5:21 p.m.: Coup "president" Micheletti just spoke on a "cadena nacional" (in which all TV, radio and cable stations are required to broadcast his message). He confirmed that Zelaya is in the country, insisted that the June 28 coup was "legal," said Zelaya will have to face charges against him, insisted that the country is in complete calm (if so, then why the military curfew?), attacked the government of Brazil for protecting Zelaya in its Embassy, and told everyone that the National Police and the National Army are behind him. He ended with shouts of "Viva Honduras" to a small group of coup functionaries. He sounds frightened, but is digging in his heels.
Upon the termination of his broadcast, a woman on Radio Globo mocked him mercilessly, saying "no one owes obedience to an order by a de facto regime," and noted that the curfew was called just ten minutes before it took effect, leaving millions of Hondurans to have to get home from work but without enough time to do it. "Nobody is obeying the order," she said. "Nor should they."
5:30 p.m.: I'll be live on Flashpoints radio (available at the KPFA website), hosted by Dennis Bernstein, at the top of the hour (8 p.m. ET, 5 p.m. PT) to talk about the situation in Honduras. There will also be a report from Tim Russo - professor at the upcoming Narco News School of Authentic Journalism - who was in front of the Brazilian Embassy in Tegucigalpa today when President Zelaya appeared from the balcony to greet the crowd, and took audiotape of the moment.
5:42 p.m.: Leaders of the Liberal Party bloc that turned against the coup have now signed a public letter calling on party members "in all the popular barrios" of Tegucigalpa and throughout the country to converge on the Brazilian Embassy to protect President Zelaya. Radio Globo just read the letter live on the air.

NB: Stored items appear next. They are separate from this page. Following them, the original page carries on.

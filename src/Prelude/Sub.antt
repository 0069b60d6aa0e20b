-- ===== src/Prelude/Sub.antt =====
-- `Sub xs ys`: the list `xs` is `ys` with some elements left out, the order kept.
use Prim.Native.Nat.{ℕ, zero, suc}
use mathlib.Core.List.{List, [], ◌∷◌, ◌++◌}
use flipper_agent_indicator.Prelude.Lists.{take}

pub data Sub {ℓ} {A : Type ℓ} : List A → List A → Type ℓ where
  stop : Sub [] []
  skip : {y : A} {xs ys : List A} → Sub xs ys → Sub xs (y ∷ ys)
  same : {x : A} {xs ys : List A} → Sub xs ys → Sub (x ∷ xs) (x ∷ ys)

module _ {ℓ} {A : Type ℓ} where
  pub Sub-refl : (xs : List A) → Sub xs xs
  Sub-refl [] = stop
  Sub-refl (x ∷ xs) = same (Sub-refl xs)

  pub Sub-nil : (xs : List A) → Sub [] xs
  Sub-nil [] = stop
  Sub-nil (x ∷ xs) = skip (Sub-nil xs)

  pub Sub-trans : {ys zs xs : List A} → Sub xs ys → Sub ys zs → Sub xs zs
  Sub-trans h stop = h
  Sub-trans h (skip k) = skip (Sub-trans h k)
  Sub-trans (skip h) (same k) = skip (Sub-trans h k)
  Sub-trans (same h) (same k) = same (Sub-trans h k)

  pub Sub-append : {xs ys us vs : List A} → Sub xs ys → Sub us vs → Sub (xs ++ us) (ys ++ vs)
  Sub-append stop k = k
  Sub-append (skip h) k = skip (Sub-append h k)
  Sub-append (same h) k = same (Sub-append h k)

  -- A front part of a list is the list with the rest left out.
  pub Sub-front : (xs ys : List A) → Sub xs (xs ++ ys)
  Sub-front [] ys = Sub-nil ys
  Sub-front (x ∷ xs) ys = same (Sub-front xs ys)

  pub Sub-take : (n : ℕ) (xs : List A) → Sub (take n xs) xs
  Sub-take zero xs = Sub-nil xs
  Sub-take (suc n) [] = stop
  Sub-take (suc n) (x ∷ xs) = same (Sub-take n xs)
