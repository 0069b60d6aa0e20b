-- ===== src/Ble/Pipe.antt =====
-- The frames on their way: the daemon forwards, the client takes, writes, fails and retries, in any
-- order that the awaits allow.
use flipper_agent_indicator.Prelude.{
  false, ◌≤◌, ◌≡◌, ◌⊎◌, true, List, [], ◌∷◌, ◌++◌, Option, none, some, length, last, singleton?,
}
use flipper_agent_indicator.Prelude.Sub.{Sub}
use flipper_agent_indicator.Utf8.{Bytes}
use flipper_agent_indicator.Outbox.{Queue, offer}
use flipper_agent_indicator.Ble.{Client, next_frame, keep}

-- The client, the frame whose write is awaited, and two histories: the frames that were forwarded
-- and those whose write returned.
pub record Pipe : Type 0 where
  pub client : Client
  pub in_flight : Option Bytes
  pub forwarded : List Bytes
  pub written : List Bytes

-- What happens between two awaits.
pub data Step (p q : Pipe) : Type 0 where
  forward :
      (f : Bytes) (queue : Queue)
      → offer f p.client.outgoing ≡ some queue
      → q ≡ record p {
        client = record p.client { outgoing = queue };
        forwarded = p.forwarded ++ f ∷ [];
      }
      → Step p q
  connect : q ≡ record p { client = record p.client { had_success = true } } → Step p q
  take :
      (f : Bytes) (c : Client)
      → p.in_flight ≡ none
      → next_frame p.client ≡ some (f, c)
      → q ≡ record p { client = c; in_flight = some f }
      → Step p q
  link_down :
      (f : Bytes) (c : Client)
      → p.in_flight ≡ none
      → next_frame p.client ≡ some (f, c)
      → q ≡ record p { client = keep c f }
      → Step p q
  wrote :
      (f : Bytes)
      → p.in_flight ≡ some f
      → q ≡ record p { in_flight = none; written = p.written ++ f ∷ [] }
      → Step p q
  write_failed :
      (f : Bytes)
      → p.in_flight ≡ some f
      → q ≡ record p { client = keep p.client f; in_flight = none }
      → Step p q

pub data Reach (p : Pipe) : Pipe → Type 0 where
  here : Reach p p
  next : {q r : Pipe} → Reach p q → Step q r → Reach p r

abbrev pub start : Pipe
start = record {
  client = record { outgoing = []; pending = none; had_success = false };
  in_flight = none;
  forwarded = [];
  written = [];
}

-- The frames that were written or can still be, oldest first.
abbrev pub held : Pipe → List Bytes
held p = p.written ++ (singleton? p.in_flight ++ (singleton? p.client.pending ++ p.client.outgoing))

pub record IsOrdered (p : Pipe) : Type 0 where
  pub order : Sub (held p) p.forwarded
  pub latest : last (held p) ≡ last p.forwarded
  pub one : length p.client.outgoing ≤ 1
  pub alone : (p.in_flight ≡ none) ⊎ (p.client.pending ≡ none)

5:50 p.m.: The coup regime has just cut electricity to entire neighborhoods surrounding the Brazilian Embassy and Channel 36 TV. How long do you think it will take the people to install a generator in each place? The same will happen when the regime cuts the water, the next likely step coming from that form of logic. And the people will usher in water trucks to refill the tanks. Hell, they'll bring it cup by cup if they have to! This is a losing gambit by the Micheletti regime because it does not have control of the street.
6:52 p.m.: As predicted in the previous update, the regime's attempt to cut electricity to the Brazilian Embassy is already an epic fail. Tim Russo just reported live on that Flashpoints radio show from inside the Embassy as the electric power went back on! A discussion about a half hour prior, on Radio Globo, included a call for generators and a pledge by the head of the electrical workers union to send technicians to set them up. A half hour later, there was light. An organized people can never be beat. That is the lesson of Honduras.

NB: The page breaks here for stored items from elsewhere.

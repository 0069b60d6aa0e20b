-- ===== src/Ble/Order.antt =====
-- Each step keeps the order of the frames and the newest of them.
use flipper_agent_indicator.Prelude.{
  Option-cases, last-append, ◌≡◌, ◌⊎◌, refl, ap, sym, subst, ◌∙◌, inl, inr, List, [], ◌∷◌, ◌++◌,
  append_assoc, Option, none, some, arith, last, last_snoc, singleton?,
}
use flipper_agent_indicator.Prelude.Sub.{Sub, stop, Sub-refl, Sub-trans, Sub-append, Sub-front}
use flipper_agent_indicator.Utf8.{Bytes}
use flipper_agent_indicator.Outbox.{Queue, offer_lem}
use flipper_agent_indicator.Ble.{Client, newest, next_of, next_frame, keep}
use flipper_agent_indicator.Ble.Pipe.{
  Pipe, Step, forward, connect, take, link_down, wrote, write_failed, Reach, here, next, start,
  held, IsOrdered,
}

-- The frame that is taken is the newest of those at hand.
pub last-newest : (f : Bytes) (fs : List Bytes) → last (f ∷ fs) ≡ some (newest f fs)
unfolding newest
last-newest f [] = refl
last-newest f (g ∷ fs) = last-newest g fs

pub Sub-newest : (f : Bytes) (fs : List Bytes) → Sub (newest f fs ∷ []) (f ∷ fs)
unfolding newest
Sub-newest f [] = Sub-refl _
Sub-newest f (g ∷ fs) = Sub.skip (Sub-newest g fs)

-- What `next_frame` returns, and that it leaves neither a queued nor a retained frame behind.
pub record Taken (pending : Option Bytes) (queue : Queue) (f : Bytes) : Type 0 where
  pub oldest : Bytes
  pub newer : List Bytes
  pub waited : singleton? pending ++ queue ≡ oldest ∷ newer
  pub chosen : f ≡ newest oldest newer

next_of-Taken :
    (pending : Option Bytes) (queue : Queue) (f : Bytes)
    → next_of pending queue ≡ some f
    → Taken pending queue f
unfolding next_of
next_of-Taken none [] f h = cc
next_of-Taken none (g ∷ gs) f h = record { oldest = g; newer = gs; waited = refl; chosen = cc }
next_of-Taken (some g) gs f h = record { oldest = g; newer = gs; waited = refl; chosen = cc }

pub next_frame-Taken :
    (c : Client) {f : Bytes} {c' : Client}
    → next_frame c ≡ some (f, c')
    → Taken c.pending c.outgoing f × (c' ≡ record c { outgoing = []; pending = none })
unfolding next_frame
next_frame-Taken c {f} {c'} h = elim (Option-cases (next_of c.pending c.outgoing)) [
  | inl e ↦ cc (rw (e, next_frame) at h)
  | inr (g, e) ↦
      let h' : ◌≡◌ {A = Option (Bytes × Client)}
          (some (g, record c { outgoing = []; pending = none })) (some (f, c')) =
        rw (e, next_frame) at h in
      let same_frame : g ≡ f = cc in
      let same_client : c' ≡ record c { outgoing = []; pending = none } = cc in
      (next_of-Taken c.pending c.outgoing f (e ∙ ap some same_frame), same_client)
]

-- A client at which no frame waits.
abbrev pub IsEmpty : Client → Type 0
IsEmpty c = (c.pending ≡ none) × (c.outgoing ≡ [])

empties :
    (pending : Option Bytes) (queue : Queue)
    → next_of pending queue ≡ none
    → (pending ≡ none) × (queue ≡ [])
unfolding next_of
empties none [] h = (refl, refl)
empties none (f ∷ fs) h = cc
empties (some f) fs h = cc

pub next_frame-cases :
    (c : Client)
    → IsEmpty c
      ⊎ ((f : Bytes) × (next_frame c ≡ some (f, record c { outgoing = []; pending = none })))
unfolding next_frame
next_frame-cases c = elim (Option-cases (next_of c.pending c.outgoing)) [
  | inl e ↦ inl (empties c.pending c.outgoing e)
  | inr (f, e) ↦ inr (f, rw (e, next_frame) refl)
]

-- The frames at hand are replaced by the newest of them.
module _ (sent : List Bytes) (oldest : Bytes) (newer forwarded : List Bytes) where
  chosen-order :
      Sub (sent ++ oldest ∷ newer) forwarded → Sub (sent ++ newest oldest newer ∷ []) forwarded
  chosen-order h = Sub-trans (Sub-append (Sub-refl sent) (Sub-newest oldest newer)) h

  chosen-latest :
      last (sent ++ oldest ∷ newer) ≡ last forwarded
      → last (sent ++ newest oldest newer ∷ []) ≡ last forwarded
  chosen-latest h =
      last_snoc sent (newest oldest newer)
      ∙ sym (last-newest oldest newer)
      ∙ sym (last-append sent oldest newer)
      ∙ h

-- What the choice of a frame keeps, wherever that frame goes then.
taken-held :
    (p : Pipe) {f : Bytes} {c : Client}
    → IsOrdered p
    → p.in_flight ≡ none
    → next_frame p.client ≡ some (f, c)
    → Sub (p.written ++ f ∷ []) p.forwarded
      × (last (p.written ++ f ∷ []) ≡ last p.forwarded)
      × (c ≡ record p.client { outgoing = []; pending = none })
taken-held p {f} {c} ok idle h =
    let (t, e) = next_frame-Taken p.client h in
    let at_hand : held p ≡ p.written ++ t.oldest ∷ t.newer =
      rw idle (ap (λ l. p.written ++ l) t.waited) in
    let order : Sub (p.written ++ t.oldest ∷ t.newer) p.forwarded =
      subst (λ l. Sub l p.forwarded) at_hand ok.order in
    let latest : last (p.written ++ t.oldest ∷ t.newer) ≡ last p.forwarded =
      subst (λ l. last l ≡ last p.forwarded) at_hand ok.latest in
    rw t.chosen (
      chosen-order p.written t.oldest t.newer p.forwarded order,
      chosen-latest p.written t.oldest t.newer p.forwarded latest,
      e,
    )

pub start-IsOrdered : IsOrdered start
start-IsOrdered = record { order = stop; latest = refl; one = omega arith; alone = inl refl }

-- All that is held but the queue.
abbrev ahead : Pipe → List Bytes
ahead p = p.written ++ (singleton? p.in_flight ++ singleton? p.client.pending)

held-ahead :
    (sent flying kept queue : List Bytes)
    → sent ++ (flying ++ (kept ++ queue)) ≡ (sent ++ (flying ++ kept)) ++ queue
held-ahead sent flying kept queue = simp append_assoc

forward-order :
    (front old forwarded : List Bytes) (f : Bytes)
    → Sub (front ++ old) forwarded
    → Sub (front ++ f ∷ []) (forwarded ++ f ∷ [])
forward-order front old forwarded f h =
    Sub-append (Sub-trans (Sub-front front old) h) (Sub-refl (f ∷ []))

forward-IsOrdered :
    (p : Pipe) (f : Bytes)
    → IsOrdered p
    → IsOrdered (record p {
      client = record p.client { outgoing = f ∷ [] };
      forwarded = p.forwarded ++ f ∷ [];
    })
forward-IsOrdered p f ok =
    let regroup = held-ahead p.written (singleton? p.in_flight) (singleton? p.client.pending) in
    record {
      order = rw (regroup (f ∷ [])) (
          forward-order (ahead p) p.client.outgoing p.forwarded f
            (subst (λ l. Sub l p.forwarded) (regroup p.client.outgoing) ok.order));
      latest = rw (regroup (f ∷ [])) (last_snoc (ahead p) f ∙ sym (last_snoc p.forwarded f));
      one = omega arith;
      alone = ok.alone;
    }

wrote-IsOrdered :
    (p : Pipe) (f : Bytes)
    → p.in_flight ≡ some f
    → IsOrdered p
    → IsOrdered (record p { in_flight = none; written = p.written ++ f ∷ [] })
wrote-IsOrdered p f fly ok =
    let rest : List Bytes = singleton? p.client.pending ++ p.client.outgoing in
    let moved : held p ≡ (p.written ++ f ∷ []) ++ rest =
      rw fly (sym (append_assoc p.written (f ∷ []) rest)) in
    record {
      order = subst (λ l. Sub l p.forwarded) moved ok.order;
      latest = subst (λ l. last l ≡ last p.forwarded) moved ok.latest;
      one = ok.one;
      alone = inl refl;
    }

pending_idle : (p : Pipe) (f : Bytes) → p.in_flight ≡ some f → IsOrdered p → p.client.pending ≡ none
pending_idle p f fly ok = ground (arith, ok.alone)

write_failed-IsOrdered :
    (p : Pipe) (f : Bytes)
    → p.in_flight ≡ some f
    → IsOrdered p
    → IsOrdered (record p { client = record p.client { pending = some f }; in_flight = none })
write_failed-IsOrdered p f fly ok =
    let moved : held p ≡ p.written ++ f ∷ p.client.outgoing = rw (fly, pending_idle p f fly ok) in
    record {
      order = subst (λ l. Sub l p.forwarded) moved ok.order;
      latest = subst (λ l. last l ≡ last p.forwarded) moved ok.latest;
      one = ok.one;
      alone = inl refl;
    }

Step-IsOrdered : {p q : Pipe} → Step p q → IsOrdered p → IsOrdered q
unfolding keep
Step-IsOrdered {p} (forward f queue o e) ok =
    let alone_in_queue : queue ≡ f ∷ [] = cc (offer_lem f p.client.outgoing) in
    rw (e, alone_in_queue) (forward-IsOrdered p f ok)
Step-IsOrdered (connect e) ok =
    rw e (record { order = ok.order; latest = ok.latest; one = ok.one; alone = ok.alone })
Step-IsOrdered {p} (take f c idle n e) ok =
    let (order, latest, left) = taken-held p ok idle n in
    rw (e, left) (record { order = order; latest = latest; one = omega arith; alone = inr refl })
Step-IsOrdered {p} (link_down f c idle n e) ok =
    let (order, latest, left) = taken-held p ok idle n in
    rw (e, left)
      (record {
        order = rw idle order;
        latest = rw idle latest;
        one = omega arith;
        alone = inl idle;
      })
Step-IsOrdered {p} (wrote f fly e) ok = rw e (wrote-IsOrdered p f fly ok)
Step-IsOrdered {p} (write_failed f fly e) ok = rw e (write_failed-IsOrdered p f fly ok)

pub Reach-IsOrdered : {p q : Pipe} → IsOrdered p → Reach p q → IsOrdered q
Reach-IsOrdered ok here = ok
Reach-IsOrdered ok (next r s) = Step-IsOrdered s (Reach-IsOrdered ok r)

8:17 p.m.: The coup regime has just extended the military curfew until 6 p.m. tomorrow evening, which means nobody goes to work on Tuesday, not even during daylight hours, and all stores will be closed. (Schools were already out as the teachers unions called a national strike and for their members to come to the Brazilian embassy.) Meanwhile, the US State Department has recommended that US citizens avoid all non-essential travel to Honduras. It's as if there's a general strike without it even being called for!